====== Available data ======

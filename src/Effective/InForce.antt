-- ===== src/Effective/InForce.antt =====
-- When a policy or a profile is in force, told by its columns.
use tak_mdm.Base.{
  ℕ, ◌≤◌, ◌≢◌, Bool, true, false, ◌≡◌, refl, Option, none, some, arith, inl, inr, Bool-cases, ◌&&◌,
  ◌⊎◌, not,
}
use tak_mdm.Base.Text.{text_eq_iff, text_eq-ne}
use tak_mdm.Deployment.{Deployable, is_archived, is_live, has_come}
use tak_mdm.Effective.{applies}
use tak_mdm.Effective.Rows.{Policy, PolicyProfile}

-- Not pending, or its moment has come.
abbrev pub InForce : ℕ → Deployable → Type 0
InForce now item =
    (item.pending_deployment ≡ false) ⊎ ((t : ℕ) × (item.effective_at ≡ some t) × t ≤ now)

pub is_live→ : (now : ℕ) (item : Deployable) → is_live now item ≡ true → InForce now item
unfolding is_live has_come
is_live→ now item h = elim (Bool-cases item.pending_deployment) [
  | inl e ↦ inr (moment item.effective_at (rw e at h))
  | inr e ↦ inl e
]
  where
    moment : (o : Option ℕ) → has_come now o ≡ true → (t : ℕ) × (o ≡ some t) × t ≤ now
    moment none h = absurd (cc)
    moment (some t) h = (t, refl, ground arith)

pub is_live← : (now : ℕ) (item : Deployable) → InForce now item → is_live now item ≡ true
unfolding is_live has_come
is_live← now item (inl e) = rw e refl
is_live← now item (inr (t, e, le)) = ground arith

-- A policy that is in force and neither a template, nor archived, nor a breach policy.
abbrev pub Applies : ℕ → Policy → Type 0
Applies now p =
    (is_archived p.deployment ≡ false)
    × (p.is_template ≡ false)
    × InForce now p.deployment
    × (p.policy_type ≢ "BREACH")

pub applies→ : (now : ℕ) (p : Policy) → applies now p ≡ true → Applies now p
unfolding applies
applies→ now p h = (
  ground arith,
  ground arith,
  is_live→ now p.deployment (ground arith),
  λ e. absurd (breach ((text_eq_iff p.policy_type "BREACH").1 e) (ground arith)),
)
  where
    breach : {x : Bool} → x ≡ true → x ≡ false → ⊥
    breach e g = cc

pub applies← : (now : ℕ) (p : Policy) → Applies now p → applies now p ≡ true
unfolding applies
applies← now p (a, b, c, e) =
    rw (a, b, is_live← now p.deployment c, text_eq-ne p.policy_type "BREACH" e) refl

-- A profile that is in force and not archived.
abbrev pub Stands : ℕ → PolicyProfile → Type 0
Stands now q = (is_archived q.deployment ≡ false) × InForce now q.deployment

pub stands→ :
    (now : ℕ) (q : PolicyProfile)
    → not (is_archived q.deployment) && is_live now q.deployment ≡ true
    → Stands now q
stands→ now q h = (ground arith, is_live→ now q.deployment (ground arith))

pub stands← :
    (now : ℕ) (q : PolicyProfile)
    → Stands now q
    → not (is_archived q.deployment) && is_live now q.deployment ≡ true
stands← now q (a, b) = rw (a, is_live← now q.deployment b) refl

======
====== Available data ======

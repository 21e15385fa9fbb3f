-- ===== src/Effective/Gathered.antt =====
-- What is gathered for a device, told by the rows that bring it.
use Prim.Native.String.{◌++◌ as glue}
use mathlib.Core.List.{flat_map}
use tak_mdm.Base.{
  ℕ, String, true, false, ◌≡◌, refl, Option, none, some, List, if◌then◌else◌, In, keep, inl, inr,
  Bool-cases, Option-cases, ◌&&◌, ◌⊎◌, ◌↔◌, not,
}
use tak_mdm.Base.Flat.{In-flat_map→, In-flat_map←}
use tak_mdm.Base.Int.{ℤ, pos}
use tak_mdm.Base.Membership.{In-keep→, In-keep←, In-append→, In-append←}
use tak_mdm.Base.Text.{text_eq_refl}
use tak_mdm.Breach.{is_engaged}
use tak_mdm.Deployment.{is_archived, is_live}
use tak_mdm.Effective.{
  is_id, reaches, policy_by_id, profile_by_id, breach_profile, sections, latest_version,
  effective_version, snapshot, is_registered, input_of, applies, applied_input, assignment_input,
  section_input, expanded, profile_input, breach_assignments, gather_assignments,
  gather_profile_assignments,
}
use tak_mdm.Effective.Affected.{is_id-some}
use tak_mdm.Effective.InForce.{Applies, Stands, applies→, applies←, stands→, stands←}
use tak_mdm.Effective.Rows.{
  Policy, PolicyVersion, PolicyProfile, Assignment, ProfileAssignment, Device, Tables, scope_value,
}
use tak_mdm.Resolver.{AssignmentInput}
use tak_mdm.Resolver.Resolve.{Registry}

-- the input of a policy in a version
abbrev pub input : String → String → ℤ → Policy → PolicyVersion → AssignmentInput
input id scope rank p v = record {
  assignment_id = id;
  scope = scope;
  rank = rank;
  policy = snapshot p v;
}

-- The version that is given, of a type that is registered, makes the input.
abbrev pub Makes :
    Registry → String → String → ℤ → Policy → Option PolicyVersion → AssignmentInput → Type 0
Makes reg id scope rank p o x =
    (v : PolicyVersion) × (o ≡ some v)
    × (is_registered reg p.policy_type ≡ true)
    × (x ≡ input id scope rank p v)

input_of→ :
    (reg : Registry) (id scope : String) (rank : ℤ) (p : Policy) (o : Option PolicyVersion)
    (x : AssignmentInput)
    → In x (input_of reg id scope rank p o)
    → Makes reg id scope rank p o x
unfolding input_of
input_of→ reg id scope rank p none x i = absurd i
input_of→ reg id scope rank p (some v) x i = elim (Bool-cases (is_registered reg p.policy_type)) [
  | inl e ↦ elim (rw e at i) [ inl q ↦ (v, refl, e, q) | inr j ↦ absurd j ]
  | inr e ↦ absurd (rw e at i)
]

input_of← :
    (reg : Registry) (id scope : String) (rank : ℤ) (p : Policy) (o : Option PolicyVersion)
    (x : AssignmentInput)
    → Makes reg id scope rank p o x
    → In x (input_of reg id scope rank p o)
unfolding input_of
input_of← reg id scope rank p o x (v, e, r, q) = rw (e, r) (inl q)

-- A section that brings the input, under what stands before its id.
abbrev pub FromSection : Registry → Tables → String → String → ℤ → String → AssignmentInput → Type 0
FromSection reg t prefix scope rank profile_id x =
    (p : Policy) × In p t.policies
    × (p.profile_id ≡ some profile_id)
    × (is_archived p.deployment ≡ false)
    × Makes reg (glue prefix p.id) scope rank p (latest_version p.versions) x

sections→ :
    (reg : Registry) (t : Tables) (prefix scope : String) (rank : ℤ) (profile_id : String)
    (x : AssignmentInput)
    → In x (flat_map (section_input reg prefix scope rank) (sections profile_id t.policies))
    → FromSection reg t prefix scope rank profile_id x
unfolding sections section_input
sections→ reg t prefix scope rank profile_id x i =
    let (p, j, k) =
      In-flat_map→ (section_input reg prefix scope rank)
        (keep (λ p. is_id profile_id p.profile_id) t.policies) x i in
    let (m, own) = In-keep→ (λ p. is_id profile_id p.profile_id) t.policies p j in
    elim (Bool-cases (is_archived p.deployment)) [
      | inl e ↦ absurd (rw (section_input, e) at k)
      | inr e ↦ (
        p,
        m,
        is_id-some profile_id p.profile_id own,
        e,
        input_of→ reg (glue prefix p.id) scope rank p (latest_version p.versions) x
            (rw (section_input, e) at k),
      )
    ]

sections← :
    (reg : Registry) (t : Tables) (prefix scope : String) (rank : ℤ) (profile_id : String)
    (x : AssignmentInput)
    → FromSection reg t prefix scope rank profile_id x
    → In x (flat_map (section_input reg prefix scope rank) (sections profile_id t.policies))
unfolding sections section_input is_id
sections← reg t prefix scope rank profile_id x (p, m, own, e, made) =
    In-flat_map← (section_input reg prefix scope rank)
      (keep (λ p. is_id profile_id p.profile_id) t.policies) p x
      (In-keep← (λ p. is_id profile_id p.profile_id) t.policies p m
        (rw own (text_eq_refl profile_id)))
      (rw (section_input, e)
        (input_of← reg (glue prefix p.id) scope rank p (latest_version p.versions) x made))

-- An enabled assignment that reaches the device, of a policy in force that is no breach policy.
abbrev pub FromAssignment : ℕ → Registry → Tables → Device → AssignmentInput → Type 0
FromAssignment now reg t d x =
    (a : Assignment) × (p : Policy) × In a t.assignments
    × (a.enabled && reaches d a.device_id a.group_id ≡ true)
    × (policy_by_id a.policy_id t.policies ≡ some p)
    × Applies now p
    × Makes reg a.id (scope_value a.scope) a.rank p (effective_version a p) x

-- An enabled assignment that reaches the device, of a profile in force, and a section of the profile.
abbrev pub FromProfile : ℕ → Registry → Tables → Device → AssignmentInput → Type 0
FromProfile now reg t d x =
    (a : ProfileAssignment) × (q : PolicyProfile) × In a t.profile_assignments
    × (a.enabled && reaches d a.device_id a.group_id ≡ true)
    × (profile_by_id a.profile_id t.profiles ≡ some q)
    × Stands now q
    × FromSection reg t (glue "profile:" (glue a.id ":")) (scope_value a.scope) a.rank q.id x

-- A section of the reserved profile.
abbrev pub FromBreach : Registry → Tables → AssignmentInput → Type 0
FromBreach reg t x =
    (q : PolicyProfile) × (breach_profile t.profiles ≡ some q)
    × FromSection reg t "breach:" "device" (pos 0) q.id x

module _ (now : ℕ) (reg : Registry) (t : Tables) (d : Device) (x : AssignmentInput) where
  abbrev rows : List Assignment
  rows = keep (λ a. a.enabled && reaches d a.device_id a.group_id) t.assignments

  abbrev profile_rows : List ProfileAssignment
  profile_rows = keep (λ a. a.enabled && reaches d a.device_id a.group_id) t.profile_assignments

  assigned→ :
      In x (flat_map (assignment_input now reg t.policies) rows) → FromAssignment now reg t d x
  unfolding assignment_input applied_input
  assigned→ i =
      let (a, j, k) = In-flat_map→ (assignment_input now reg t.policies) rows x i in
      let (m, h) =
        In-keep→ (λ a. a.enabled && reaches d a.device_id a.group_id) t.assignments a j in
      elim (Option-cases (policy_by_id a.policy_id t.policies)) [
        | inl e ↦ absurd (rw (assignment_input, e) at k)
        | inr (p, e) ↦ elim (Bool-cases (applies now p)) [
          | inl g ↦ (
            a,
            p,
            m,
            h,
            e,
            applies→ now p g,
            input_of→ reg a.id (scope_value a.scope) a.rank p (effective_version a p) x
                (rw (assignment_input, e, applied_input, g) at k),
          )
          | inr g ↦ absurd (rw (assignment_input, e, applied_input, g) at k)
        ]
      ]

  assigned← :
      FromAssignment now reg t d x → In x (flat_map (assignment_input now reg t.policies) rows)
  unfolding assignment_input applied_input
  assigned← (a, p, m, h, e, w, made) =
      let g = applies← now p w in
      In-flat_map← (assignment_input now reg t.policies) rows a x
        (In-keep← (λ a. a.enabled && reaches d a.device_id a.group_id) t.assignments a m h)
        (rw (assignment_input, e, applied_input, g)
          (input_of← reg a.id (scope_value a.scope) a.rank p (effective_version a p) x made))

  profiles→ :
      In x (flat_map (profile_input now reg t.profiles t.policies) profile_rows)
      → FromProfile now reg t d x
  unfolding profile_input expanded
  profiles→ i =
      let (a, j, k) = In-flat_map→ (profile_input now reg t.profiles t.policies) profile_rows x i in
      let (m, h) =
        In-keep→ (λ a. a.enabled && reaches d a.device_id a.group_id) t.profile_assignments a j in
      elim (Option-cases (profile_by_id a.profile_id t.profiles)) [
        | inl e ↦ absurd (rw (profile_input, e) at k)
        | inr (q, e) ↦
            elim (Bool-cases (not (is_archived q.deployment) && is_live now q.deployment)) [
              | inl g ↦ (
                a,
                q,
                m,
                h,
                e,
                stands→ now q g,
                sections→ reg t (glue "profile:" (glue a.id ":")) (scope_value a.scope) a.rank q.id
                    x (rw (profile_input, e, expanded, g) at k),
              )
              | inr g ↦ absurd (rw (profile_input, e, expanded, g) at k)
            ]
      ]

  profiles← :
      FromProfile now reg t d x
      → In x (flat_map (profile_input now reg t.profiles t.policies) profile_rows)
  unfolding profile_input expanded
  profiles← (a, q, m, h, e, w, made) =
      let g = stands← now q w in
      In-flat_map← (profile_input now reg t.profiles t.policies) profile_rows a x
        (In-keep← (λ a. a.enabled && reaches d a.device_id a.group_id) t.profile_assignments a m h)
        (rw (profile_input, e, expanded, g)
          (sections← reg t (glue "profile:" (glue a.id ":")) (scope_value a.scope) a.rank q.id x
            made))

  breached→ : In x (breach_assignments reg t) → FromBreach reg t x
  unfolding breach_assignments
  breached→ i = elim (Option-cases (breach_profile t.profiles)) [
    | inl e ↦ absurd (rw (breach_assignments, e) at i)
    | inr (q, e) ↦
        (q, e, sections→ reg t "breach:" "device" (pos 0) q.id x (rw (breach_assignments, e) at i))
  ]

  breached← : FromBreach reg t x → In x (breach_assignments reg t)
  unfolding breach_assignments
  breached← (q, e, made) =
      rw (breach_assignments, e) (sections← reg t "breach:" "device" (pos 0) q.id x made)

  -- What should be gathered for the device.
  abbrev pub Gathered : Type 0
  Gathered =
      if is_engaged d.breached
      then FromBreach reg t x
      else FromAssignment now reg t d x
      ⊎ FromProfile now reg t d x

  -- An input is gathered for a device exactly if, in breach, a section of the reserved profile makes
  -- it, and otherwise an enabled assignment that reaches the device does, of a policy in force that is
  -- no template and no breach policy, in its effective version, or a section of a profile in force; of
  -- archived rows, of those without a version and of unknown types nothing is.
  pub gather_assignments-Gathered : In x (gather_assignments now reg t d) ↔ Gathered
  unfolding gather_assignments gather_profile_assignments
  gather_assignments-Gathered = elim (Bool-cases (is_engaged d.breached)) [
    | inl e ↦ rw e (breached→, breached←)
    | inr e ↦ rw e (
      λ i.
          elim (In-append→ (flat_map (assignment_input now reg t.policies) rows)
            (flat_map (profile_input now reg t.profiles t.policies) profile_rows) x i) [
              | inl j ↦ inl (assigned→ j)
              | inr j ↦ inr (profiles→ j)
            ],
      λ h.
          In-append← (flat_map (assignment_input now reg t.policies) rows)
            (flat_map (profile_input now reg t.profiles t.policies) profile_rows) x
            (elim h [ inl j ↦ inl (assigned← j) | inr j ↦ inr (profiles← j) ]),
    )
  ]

======

§ **Exercise brief**: Copy here each line of the preceding records with "InForce" in it.

§ **Exercise result**:
filename src/Effective/InForce.antt
-- ===== src/Effective/InForce.antt =====
abbrev pub InForce : ℕ → Deployable → Type 0
InForce now item =
pub is_live→ : (now : ℕ) (item : Deployable) → is_live now item ≡ true → InForce now item
pub is_live← : (now : ℕ) (item : Deployable) → InForce now item → is_live now item ≡ true
    × InForce now p.deployment
Stands now q = (is_archived q.deployment ≡ false) × InForce now q.deployment
use tak_mdm.Effective.InForce.{Applies, Stands, applies→, applies←, stands→, stands←}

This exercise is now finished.